Media w USA podkreślają, że Biden zapowiedział odwet za ataki w Afganistanie
Główne media w USA po obu stronach sceny politycznej, relacjonując przemówienie Joe Bidena po atakach w Afganistanie, w których zginęło 13 żołnierzy amerykańskich, wybijają w tytułach, że "sprawcy masakry za to zapłacą". Przytaczają też głosy krytyki pod adresem prezydenta.
"Nie przebaczymy. Nie zapomnimy.

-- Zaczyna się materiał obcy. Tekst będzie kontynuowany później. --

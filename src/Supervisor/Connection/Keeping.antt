-- ===== src/Supervisor/Connection/Keeping.antt =====
-- What the supervisor's operations keep: the channels' invariant, and that a client that is not asked
-- to stop connects, is connected, or reconnects.
use phoenix_channels_python.Base.{
  ℕ, ◌≡◌, ◌⊎◌, refl, Bool, true, false, Option, List, [], ◌∷◌, arith, ◌==◌, ok, socket_error,
  connection_lost, stopped_before_connecting, supervisor_stopped, Bool-cases, inl, inr, length,
}
use phoenix_channels_python.ClientState.{
  ClientState, connecting, connected, reconnecting, shutting_down, closed, same_state,
  transition_client_state,
}
use phoenix_channels_python.Futures.{Future, pending, exception, settled, is_done}
use phoenix_channels_python.Topic.{is_left}
use phoenix_channels_python.Runtime.{Client, same_connection}
use phoenix_channels_python.Runtime.Invariant.{Inv, From, From-refl}
use phoenix_channels_python.Runtime.Tasks.{release_reservation}
use phoenix_channels_python.Runtime.Tasks.Keeping.{From-if, From-same, release_reservation-From}
use phoenix_channels_python.Runtime.Control.{set_terminal}
use phoenix_channels_python.Runtime.Control.Branches.{set_terminal-From}
use phoenix_channels_python.Runtime.Losses.Keeping.{fail_pending_joins-From, retire_channels-From}
use phoenix_channels_python.Runtime.Losses.Life.{
  Life, Life-refl, Life-trans, Life-if, set_terminal-Life, release_reservation-Life,
  fail_pending_joins-Life, retire_channels-Life,
}
use phoenix_channels_python.Supervisor.Connection.{
  Supervision, is_stopping, transition_state, settle_initial_connection, begin_cleanup, end_topic,
  end_topics, cleanup_connection, fail_joins_for_lost_connection, retire_if_running,
  settle_supervisor_exit,
}

abbrev pub is_running : ClientState → Bool
is_running connecting = true
is_running connected = true
is_running reconnecting = true
is_running _ = false

pub record Live (s : Supervision) : Type 0 where
  pub inv : Inv s.client
  pub running : is_stopping s ≡ false → is_running s.client.state ≡ true

-- Between its waits the supervisor changes the parts that `Live` reads only as follows.
pub Live-Life : {s d : Supervision} → Live s → Life s.client d.client → Inv d.client → Live d
Live-Life {s} {d} live life inv = record {
  inv = inv;
  running = λ h. rw life.state (live.running (rw life.stopping at h));
}

pub running-transition :
    (u : ClientState)
    → is_running u ≡ true
    → (transition_client_state u connected ≡ ok connected)
      × (transition_client_state u reconnecting ≡ ok reconnecting)
unfolding transition_client_state
running-transition connecting h = (refl, refl)
running-transition connected h = (refl, refl)
running-transition reconnecting h = (refl, refl)
running-transition shutting_down h = absurd (ground arith)
running-transition closed h = absurd (ground arith)

closing-transition :
    (u : ClientState)
    → same_state u shutting_down ≡ false
    → transition_client_state u closed ≡ ok closed
unfolding transition_client_state same_state
closing-transition connecting h = refl
closing-transition connected h = refl
closing-transition reconnecting h = refl
closing-transition shutting_down h = absurd (ground arith)
closing-transition closed h = refl

end_topic-From :
    {o : Client} (c : Client) (connection : Option ℕ) (k : ℕ)
    → From o c
    → From o (end_topic c connection k)
unfolding end_topic
end_topic-From c connection k f =
    let d = set_terminal c k in
    From-if (same_connection (c.topics k).connection connection)
      (λ _.
        From-if (is_left (d.topics k).state)
          (λ _. release_reservation-From d k (set_terminal-From c k f))
          (λ _. set_terminal-From c k f))
      (λ _. f)

end_topic-Life : (c : Client) (connection : Option ℕ) (k : ℕ) → Life c (end_topic c connection k)
unfolding end_topic
end_topic-Life c connection k =
    let d = set_terminal c k in
    Life-if (same_connection (c.topics k).connection connection) _ c
      (Life-if (is_left (d.topics k).state) (release_reservation d k) d
        (Life-trans (set_terminal-Life c k) (release_reservation-Life d k)) (set_terminal-Life c k))
      (Life-refl c)

pub end_topics-From :
    {o : Client} (c : Client) (connection : Option ℕ) (ks : List ℕ)
    → From o c
    → From o (end_topics c connection ks)
unfolding end_topics
end_topics-From c connection [] f = f
end_topics-From c connection (k ∷ ks) f =
    end_topics-From (end_topic c connection k) connection ks (end_topic-From c connection k f)

pub end_topics-Life :
    (c : Client) (connection : Option ℕ) (ks : List ℕ) → Life c (end_topics c connection ks)
unfolding end_topics
end_topics-Life c connection [] = Life-refl c
end_topics-Life c connection (k ∷ ks) =
    Life-trans (end_topic-Life c connection k)
      (end_topics-Life (end_topic c connection k) connection ks)

pub begin_cleanup-Live : (s : Supervision) → Live s → Live (begin_cleanup s)
unfolding begin_cleanup fail_joins_for_lost_connection
begin_cleanup-Live s live =
    let life = fail_pending_joins-Life s.client (socket_error connection_lost) in
    record {
      inv =
          (From-same (fail_pending_joins-From s.client _ (From-refl s.client live.inv)) refl refl
            refl (omega arith)).inv;
      running = λ h. rw life.state (live.running (rw life.stopping at h));
    }

-- A cleanup keeps it, if what the other tasks do meanwhile keeps it.
pub cleanup_connection-Live :
    (s : Supervision) (meanwhile : Supervision → Supervision)
    → Live s
    → ((d : Supervision) → Live d → Live (meanwhile d))
    → Live (cleanup_connection s meanwhile)
unfolding cleanup_connection
cleanup_connection-Live s meanwhile live polite =
    let d = meanwhile (begin_cleanup s) in
    let i = polite (begin_cleanup s) (begin_cleanup-Live s live) in
    Live-Life {s = d} i (end_topics-Life d.client s.client.connection _)
      (end_topics-From d.client s.client.connection _ (From-refl d.client i.inv)).inv

-- How a supervisor ends: nobody waits for the first connection any more, the client is not announced
-- as connected, and it is closed or is being shut down.
pub record Exited (s : Supervision) : Type 0 where
  pub inv : Inv s.client
  pub told : is_done s.initial_connection ≡ true
  pub silent : s.connected_event ≡ false
  pub over : (s.client.state ≡ closed) ⊎ (s.client.state ≡ shutting_down)

retire_if_running-Life :
    (s : Supervision)
    → Inv s.client
    → let d = retire_if_running s in
      Life s.client d.client
      × Inv d.client
      × (d.initial_connection ≡ s.initial_connection)
      × (d.connected_event ≡ s.connected_event)
unfolding retire_if_running
retire_if_running-Life s inv = elim (Bool-cases (length s.client.topic_subscriptions == 0)) [
  | inl e ↦ rw e (Life-refl s.client, inv, refl, refl)
  | inr e ↦ rw e (
    retire_channels-Life s.client (socket_error supervisor_stopped),
    (retire_channels-From s.client (socket_error supervisor_stopped) (From-refl s.client inv)).inv,
    refl,
    refl,
  )
]

shutting_down-same : (u : ClientState) → same_state u shutting_down ≡ true → u ≡ shutting_down
unfolding same_state
shutting_down-same shutting_down h = refl
shutting_down-same u h = absurd (ground arith)

settled-done : (f v : Future) → is_done v ≡ true → is_done (settled f v) ≡ true
settled-done pending v h = h
settled-done f v h = refl

-- The `finally` of the supervisor's loop never raises, and leaves the supervisor ended.
pub settle_supervisor_exit-Exited :
    (s : Supervision)
    → Inv s.client
    → (d : Supervision) × (settle_supervisor_exit s ≡ ok d) × Exited d
unfolding settle_supervisor_exit settle_initial_connection transition_state
settle_supervisor_exit-Exited s inv =
    let told =
      settled-done s.initial_connection (exception (socket_error stopped_before_connecting)) refl in
    let d : Supervision = record s {
      connected_event = false;
      initial_connection =
          settled s.initial_connection (exception (socket_error stopped_before_connecting));
    } in
    elim (Bool-cases (same_state s.client.state shutting_down)) [
      | inl e ↦ (
        d,
        rw e refl,
        record {
          inv = inv;
          told = told;
          silent = refl;
          over = inr (shutting_down-same s.client.state e);
        },
      )
      | inr e ↦
          let (life, inv', told', silent') = retire_if_running-Life d inv in
          let r = retire_if_running d in
          let ends : transition_client_state r.client.state closed ≡ ok closed =
            rw life.state (closing-transition s.client.state e) in
          (
            record r { client = record r.client { state = closed } },
            rw (e, ends) refl,
            record {
              inv = record { topic = inv'.topic; fresh = inv'.fresh; refs = inv'.refs };
              told = rw told' told;
              silent = silent';
              over = inl refl;
            },
          )
    ]
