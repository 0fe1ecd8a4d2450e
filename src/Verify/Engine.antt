-- ===== src/Verify/Engine.antt =====
-- `sqlEngine` of pkg/verify/engine.go over a database handle, which is a parameter.
use fire_drill.Base.{ℕ, ℤ, Option, none, some, String, ok, err, Result}
use fire_drill.Verify.Types.{EngineError, Engine, no_checksum_dialect, no_connection, query_error}

-- What `database/sql` answers: the scanned value of one row, or the rows that the iteration gave
-- and the error that ended it.
pub record Database : Type 0 where
  pub query_int : String → Result String ℤ
  pub query_text : String → Result String String
  pub query_rows : String → Result String (ℕ × Option String)

abbrev scanned : {A : Type 0} → Result String A → Result EngineError A
scanned (ok a) = ok a
scanned (err e) = err (query_error e)

unfoldable pub sql_count : Option Database → String → Result EngineError ℤ
sql_count none query = err no_connection
sql_count (some db) query = scanned (db.query_int query)

-- The loop over the rows counts them; `rows.Err()` is returned with the count.
abbrev counted : Result String (ℕ × Option String) → Result EngineError ℕ
counted (err e) = err (query_error e)
counted (ok (n, none)) = ok n
counted (ok (n, some e)) = err (query_error e)

unfoldable pub sql_rows : Option Database → String → Result EngineError ℕ
sql_rows none query = err no_connection
sql_rows (some db) query = counted (db.query_rows query)

unfoldable pub sql_scalar : Option Database → String → Result EngineError String
sql_scalar none query = err no_connection
sql_scalar (some db) query = scanned (db.query_text query)

unfoldable pub sql_checksum :
    Option Database
    → Option (String → String → String)
    → String
    → String
    → Result EngineError String
sql_checksum db none table column = err no_checksum_dialect
sql_checksum none (some dialect) table column = err no_connection
sql_checksum (some db) (some dialect) table column = scanned (db.query_text (dialect table column))

abbrev pub sql_engine : Option Database → Option (String → String → String) → Engine
sql_engine db dialect = record {
  count = sql_count db;
  rows = sql_rows db;
  scalar = sql_scalar db;
  checksum = sql_checksum db dialect;
}

-- `NewSQL`: no handle, no engine.
unfoldable pub new_sql : Option Database → Option (String → String → String) → Option Engine
new_sql none dialect = none
new_sql (some db) dialect = some (sql_engine (some db) dialect)
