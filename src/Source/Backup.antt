-- ===== src/Source/Backup.antt =====
-- `Backup` of pkg/source/source.go; its `cleanup` is whether there is a temporary file to remove.
use fire_drill.Base.{ℕ, ℤ, Bool, String, string_eq}

pub record Backup : Type 0 where
  pub path : String
  pub mod_time : ℕ
  pub size : ℤ
  pub resolved_uri : String
  pub encryption : String
  pub compression : String
  pub uncompressed_bytes : ℤ
  pub temporary : Bool
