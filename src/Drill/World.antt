-- ===== src/Drill/World.antt =====
-- What a drill asks of the other packages and of the machine, as the answers that it gets: the
-- interfaces `drivers.Driver` and `sandbox.Sandbox`, the functions of pkg/source, pkg/report,
-- pkg/notify and pkg/metrics that it calls, and the clock. Deadlines show as the errors answered.
use fire_drill.Base.{ℕ, ℤ, Bool, String, List, Option, Result}
use fire_drill.Spec.Document.{From, Source, Sink}
use fire_drill.Verify.Types.{Engine, Cluster}
use fire_drill.Verify.Engine.{Database}
use fire_drill.Source.Backup.{Backup}
use fire_drill.Report.Evidence.{Evidence}

-- `sandbox.Config`, without the driver's object.
pub record SandboxConfig : Type 0 where
  pub image : String
  pub ttl : ℤ
  pub name : String
  pub namespace : String
  pub cold_start : Bool

-- `drivers.RestoreResult`, as far as a drill reads it.
pub record RestoreResult : Type 0 where
  pub duration : ℤ
  pub dsn : String

-- A result and an error, either of which may be nil.
pub record Restored : Type 0 where
  pub result : Option RestoreResult
  pub error : Option String

-- A driver that speaks `database/sql`.
pub record SqlPath : Type 0 where
  pub dsn : String
  pub open_db : String → Result String Database
  pub dialect : String → String → String

-- `drivers.Driver` with the verification path that its type has, if any.
pub data VerifyPath : Type 0 where
  verifier : Engine → VerifyPath
  sql_capable : SqlPath → VerifyPath
  no_path : VerifyPath

pub record Driver : Type 0 where
  pub name : String
  pub verify_path : VerifyPath
  pub restore : String → Source → Restored

-- A prepared Velero drill.
pub record VeleroDrill : Type 0 where
  pub target_ns : String
  pub backup_age : ℤ
  pub restore : Restored
  pub cluster : Cluster

pub record World : Type 0 where
  pub started_at : ℕ
  pub fetched_at : ℕ
  pub finished_at : ℕ
  pub velero_mod_time : ℕ
  pub registry : List Driver
  pub fetch : From → Result String Backup
  pub docker : SandboxConfig → Result String (Unit {0})
  pub kubernetes : SandboxConfig → Result String (Unit {0})
  pub prepare : String → String → String → ℤ → Result String VeleroDrill
  pub was_destroyed : Bool
  pub write : String → Evidence → Result String String
  pub default_key_dir : Result String String
  pub load_key : String → Result String String
  pub sign : String → String → Result String String
  pub attest : String → String → Result String String
  pub write_html : Evidence → String → Result String String
  pub slack : Evidence → Sink → Option String
  pub webhook : Evidence → Sink → Option String
  pub export : Evidence → List Sink → List String

-- What `Options` sets, without the printer.
pub record Options : Type 0 where
  pub evidence_dir : String
  pub key_dir : String
  pub version : String

pub data RunError : Type 0 where
  unknown_driver : String → RunError
  fetching provisioning connecting : String → RunError
  no_verification : String → RunError
  preparing writing key_dir_error loading_key signing attesting html_error : String → RunError

-- What a drill does to the world, in order.
pub data Event : Type 0 where
  fetched : Event
  provisioned : Event
  restored : Event
  connected closed : Event
  destroyed : Event
  cleaned : Event
  written : String → Evidence → Event
  signed attested rendered : String → Event
  notified : Sink → Event
  exported : List Sink → Event

-- An early return: the evidence, the path and the error that it returns.
pub record Stop : Type 0 where
  pub evidence : Option Evidence
  pub path : String
  pub error : RunError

Będziemy na was polować i sprawimy, że za to zapłacicie" – cytował Bidena "Wall Street Journal" zwracając uwagę na jego wolę kontynuowania procesu ewakuacji z Kabulu Amerykanów i wspierających ich Afgańczyków.
Gazeta wskazuje na krytykę amerykańskiego przywódcy za termin wycofania wojsk 31 sierpnia. Lider mniejszości republikańskiej w Izbie Reprezentantów Kevin McCarthy wezwał jej szefową Nancy Pelosi do głosowania nad ustawodawstwem, które uniemożliwiłoby wycofanie wojsk, dopóki wszyscy Amerykanie nie opuszczą Afganistanu.
"WSJ" akcentuje, że Republikanie obwiniają Bidena o "spartaczenie" planowania, jak i wykonania akcji ewakuacyjnej. "Prezydent i jego zespół nie są w stanie sprostać temu zadaniu, próbują działać w fałszywej rzeczywistości, a przyszłość może być jeszcze gorsza" – ocenił członek niższej izby Kongresu Lee Zeldin.
Fox News przytacza emerytowanego pułkownika armii amerykańskiej Douglasa Macgregora, porównującego wycofanie wojsk z Afganistanu do incydentu w Bengazi w 2012 roku, w wyniku którego zginęło wielu Amerykanów.
Słowa krytyki ze strony emerytowanego pułkownika armii amerykańskiej
"Widzimy luki w zabezpieczeniach, brak realistycznego planowania, złe przywództwo, brak konkretnego nakreślenia celu, którym moim zdaniem było wyprowadzenie wszystkich amerykańskich obywateli i sojuszników, zanim wycofamy jakiekolwiek siły wojskowe" - twierdził Macgregor.
Radio publiczne NPR nazwało wystąpienie Bidena ostrym przesłaniem do sprawców ataku. Przypomniało, jego zapewnienie, że nie da się "zniechęcić terrorystom" i "nie pozwoli im powstrzymać misji" wycofywania wojsk.
Jednocześnie NPR zaznaczyło, że administracja i siły zbrojne USA były krytykowane za poleganie na walczących latami z wojskami zachodniej koalicji talibach, aby zapewnić bezpieczeństwo poza lotniskiem w Kabulu.
Jak przypomina radio, po ataku dwoje republikańskich senatorów, Josh Hawley i Marsha Blackburn, wezwało Bidena do rezygnacji. Cytowało ich kolegę Jima Inhofe, krytykującego prezydenta za podjęcie "strategicznej decyzji", która "doprowadziła do tragicznych wydarzeń".
Jednocześnie NPR podało wypowiedź rzeczniczki Białego Domu Jen Psaki, która skomentowała: "To nie jest dzień na politykę i oczekiwalibyśmy, że każdy Amerykanin - niezależnie od tego, czy został wybrany, czy nie - stanie z nami i naszym zaangażowaniem w ściganie, walkę i zabijanie tych terrorystów."
„New York Times" pisał, że wycofanie z Afganistanu obniżyło notowania Bidena, a zamachy bombowe z pewnością narażą go na krytykę polityczną. Jak zauważył dziennik, nie jest jasne, jakie szkody wyrządzi to na dłuższą metę prezydenturze. Kończy on wojnę, z której większość Amerykanów chce się wycofać.
Gazeta przyznaje, że niewielu Demokratów stanęło w obronie Bidena. Większość wyraziła żal z powodu ofiar śmiertelnych w Kabulu. "Jestem wzburzony z powodu nikczemnych ataków terrorystycznych. (…). To jest tragedia" - ubolewał senator Jack Reed.